* Exercise requirements
Once you reach the line containing "rw e (strip_ending_of_Avoids" in the entries below, write out that line and each one after it down to the line containing "-- Of a service", exactly and with nothing added.

(Beginning of Recorded data)

-- ===== src/Domain/ServiceLink/Leaf.antt =====
-- The last part of a service's name, and the `.service` ending that is to be cut off it.
use instace_metric_collector.Common.{
  ℕ, Str, codes, same, split_on, Avoids, nonempty, lower_ascii, true, false, [], ◌∷◌, ◌++◌, map,
  some, last?, In_All, ◌≡◌, refl, arith, ◌==◌, ap,
}
use instace_metric_collector.Common.Text.Split.{
  split_on-Avoids, split_on-append, split_on_whole, last_of_keep, last_kept-In,
}
use instace_metric_collector.Domain.ServiceLink.{
  is_separator, strip_ending, service_ending, service_domain_path, service_tokens,
}

lower_ascii_dot : (c : ℕ) → (lower_ascii c == 46) ≡ true → is_separator c ≡ true
lower_ascii_dot c h = ground arith

not_ending :
    (c : ℕ) (s : Str)
    → is_separator c ≡ false
    → same (map lower_ascii (c ∷ s)) (codes ".service") ≡ false
unfolding same
not_ending c s h = ground (arith, lower_ascii_dot c)

-- A text without a dot has no `.service` ending.
strip_ending_of_Avoids : (p : Str) → Avoids is_separator p → strip_ending service_ending p ≡ p
unfolding strip_ending
strip_ending_of_Avoids [] h = refl
strip_ending_of_Avoids (c ∷ s) (e, h) =
    rw (not_ending c s e) (ap (◌∷◌ c) (strip_ending_of_Avoids s h))

module _ (lower : Str → Str) where
  -- Whatever the name, cutting a `.service` ending off its last part changes nothing: the name
  -- has been split at its dots, so the last part holds none.
  pub leaf_of_last :
      (name p : Str)
      → last? (service_domain_path (lower name)) ≡ some p
      → (service_tokens lower name).leaf ≡ p
  unfolding service_tokens service_domain_path
  leaf_of_last name p e =
      let pieces = split_on-Avoids is_separator (lower name) in
      let (m, k) = last_kept-In (split_on is_separator (lower name)) e in
      rw e (strip_ending_of_Avoids p (In_All (Avoids is_separator) _ pieces m))

  -- Of a service whose name in lower case ends in a dot and a text that is not empty and has no
  -- dot or slash, such as "ssh.service", the leaf, by which processes are matched, is that text
  -- ("service").
  pub leaf_of_unit :
      (name base unit : Str)
      → Avoids is_separator unit
      → nonempty unit ≡ true
      → lower name ≡ base ++ b'.' ∷ unit
      → (service_tokens lower name).leaf ≡ unit
  unfolding service_domain_path
  leaf_of_unit name base unit a k e = leaf_of_last name unit (
      rw (e, split_on-append is_separator base b'.' unit refl, split_on_whole is_separator unit a)
        (last_of_keep (split_on is_separator base) unit k))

(End of Recorded data)

* Output for this exercise
      rw e (strip_ending_of_Avoids p (In_All (Avoids is_separator) _ pieces m))

  -- Of a service whose name in lower case ends in a dot and a text that is not empty and has no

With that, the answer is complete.